K is a fighter and I am so proud of the work she has done, and continues to do.  She is spunky, out-spoken, and does not like to talk about painful things…but who really does??  Since we figured out she has the migraines, we know that it is a body memory, and usually they can’t be fixed with meds.

I have a “cocktail” of meds to take when it comes on, since migraines are debilitating, but it knocks me out.  I sleep and give it time to dissipate.  The problem is, I don’t like taking meds, these particular ones make me groggy the rest of the day, and I sleep for 8-10 hours.  Now, that may sound awesome, since I only get 3-4 hours a night.  It’s the after effects of feeling drugged, that I don’t care for very much.

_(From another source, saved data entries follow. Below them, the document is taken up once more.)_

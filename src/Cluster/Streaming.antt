-- ===== src/Cluster/Streaming.antt =====
-- What reading a payload in chunks comes to (crates/trust-kernel/src/cluster_mux.rs).
use mathlib.Core.List.{append_assoc, append-nil}
use spaceshuttle.Prelude.{
  ℕ, zero, suc, ◌+◌, ◌-◌, ◌≤◌, ◌≡◌, ap, ◌∙◌, List, [], ◌++◌, String, arith, min, inl, inr,
  Bool-cases, ltb, if◌then◌else◌, length, take, drop, length-drop, take-append-drop, drop-drop,
  take_all, drop_all,
}
use spaceshuttle.Cluster.Frames.{
  IoResult, io_ok, io_err, unexpected_eof, read_exact, then_read, read_chunks,
  read_payload_streaming,
}

-- One read of `n` bytes behind what was read before.
abbrev pub read_once : ℕ → List ℕ → List ℕ → List ℕ → IoResult (List ℕ × List ℕ × List ℕ)
read_once n buffer hashed stream =
    if ltb (length stream) n
    then io_err unexpected_eof
    else io_ok (buffer ++ take n stream, hashed ++ take n stream, drop n stream)

-- Two chunks in a row behind a buffer are one.
chunks_joined :
    (size n : ℕ) (buffer stream : List ℕ)
    → (buffer ++ take size stream) ++ take n (drop size stream) ≡ buffer ++ take (size + n) stream
chunks_joined size n buffer stream =
    append_assoc buffer (take size stream) (take n (drop size stream))
    ∙ ap (buffer ++◌) (take-append-drop size n stream)

-- A read of `size` bytes and then one of `n` more are one read.
read_once-read_exact :
    (size n : ℕ) (buffer hashed stream : List ℕ)
    → then_read
        (λ chunk rest. read_once n (buffer ++ chunk) (hashed ++ chunk) rest)
        (read_exact size stream)
      ≡ read_once (size + n) buffer hashed stream
unfolding read_exact
read_once-read_exact size n buffer hashed stream = elim (Bool-cases (ltb (length stream) size)) [
  | inl short ↦ ground arith
  | inr long ↦ ground (
    arith,
    length-drop size stream,
    chunks_joined size n buffer stream,
    chunks_joined size n hashed stream,
    drop-drop size n stream,
  )
]

pub read_chunks-read_once :
    (fuel n : ℕ) (buffer hashed stream : List ℕ)
    → n ≤ fuel
    → read_chunks fuel n buffer hashed stream ≡ read_once n buffer hashed stream
unfolding read_chunks
read_chunks-read_once fuel zero buffer hashed stream h =
    ground (arith, append-nil buffer, append-nil hashed)
read_chunks-read_once zero (suc n) buffer hashed stream h = ground arith
read_chunks-read_once (suc fuel) (suc n) buffer hashed stream h =
    let size = min 65536 (suc n) in
    let e : size + (suc n - size) ≡ suc n = omega arith in
    ap (λ next. then_read next (read_exact size stream))
      (λ i chunk rest.
        read_chunks-read_once fuel (suc n - size) (buffer ++ chunk) (hashed ++ chunk) rest
          (omega arith) i)
    ∙ read_once-read_exact size (suc n - size) buffer hashed stream
    ∙ ap (λ k. read_once k buffer hashed stream) e

-- A payload that came whole is read whole.
pub read_chunks_whole :
    (block : List ℕ)
    → read_chunks (length block) (length block) [] [] block ≡ io_ok (block, block, [])
read_chunks_whole block =
    read_chunks-read_once (length block) (length block) [] [] block (omega arith)
    ∙ ground (
      arith,
      take_all (length block) block (omega arith),
      drop_all (length block) block (omega arith),
    )

-- Whatever the sizes, reading a payload in chunks of 64 KB ends within as many rounds as it has
-- bytes, and it is one read of all of it: it fails exactly if the stream is shorter, and the hash
-- is that of the bytes read.
pub read_payload_streaming-read_exact :
    (sha256_hex : List ℕ → String) (payload_size : ℕ) (stream : List ℕ)
    → read_payload_streaming sha256_hex payload_size stream ≡ (
        if ltb (length stream) payload_size
        then io_err unexpected_eof
        else io_ok (
          take payload_size stream,
          sha256_hex (take payload_size stream),
          drop payload_size stream,
        ))
unfolding read_payload_streaming
read_payload_streaming-read_exact sha256_hex payload_size stream =
    rw (read_chunks-read_once payload_size payload_size [] [] stream (omega arith)) (ground arith)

Thankfully, it doesn’t happen very often these days.  And I am glad I have a plan, with a way to combat the migraine.  K has spent all day wrapped up in her gray, soft, and warm blanket.  We feel so secure and safe inside our own private cave.  Somedays it’s okay to lay around, in your PJs, with a fire and warm cozy blanket.  It’s like being wrapped up in the arms of our heavenly Father, who says, “I will never leave you, or abandon you.”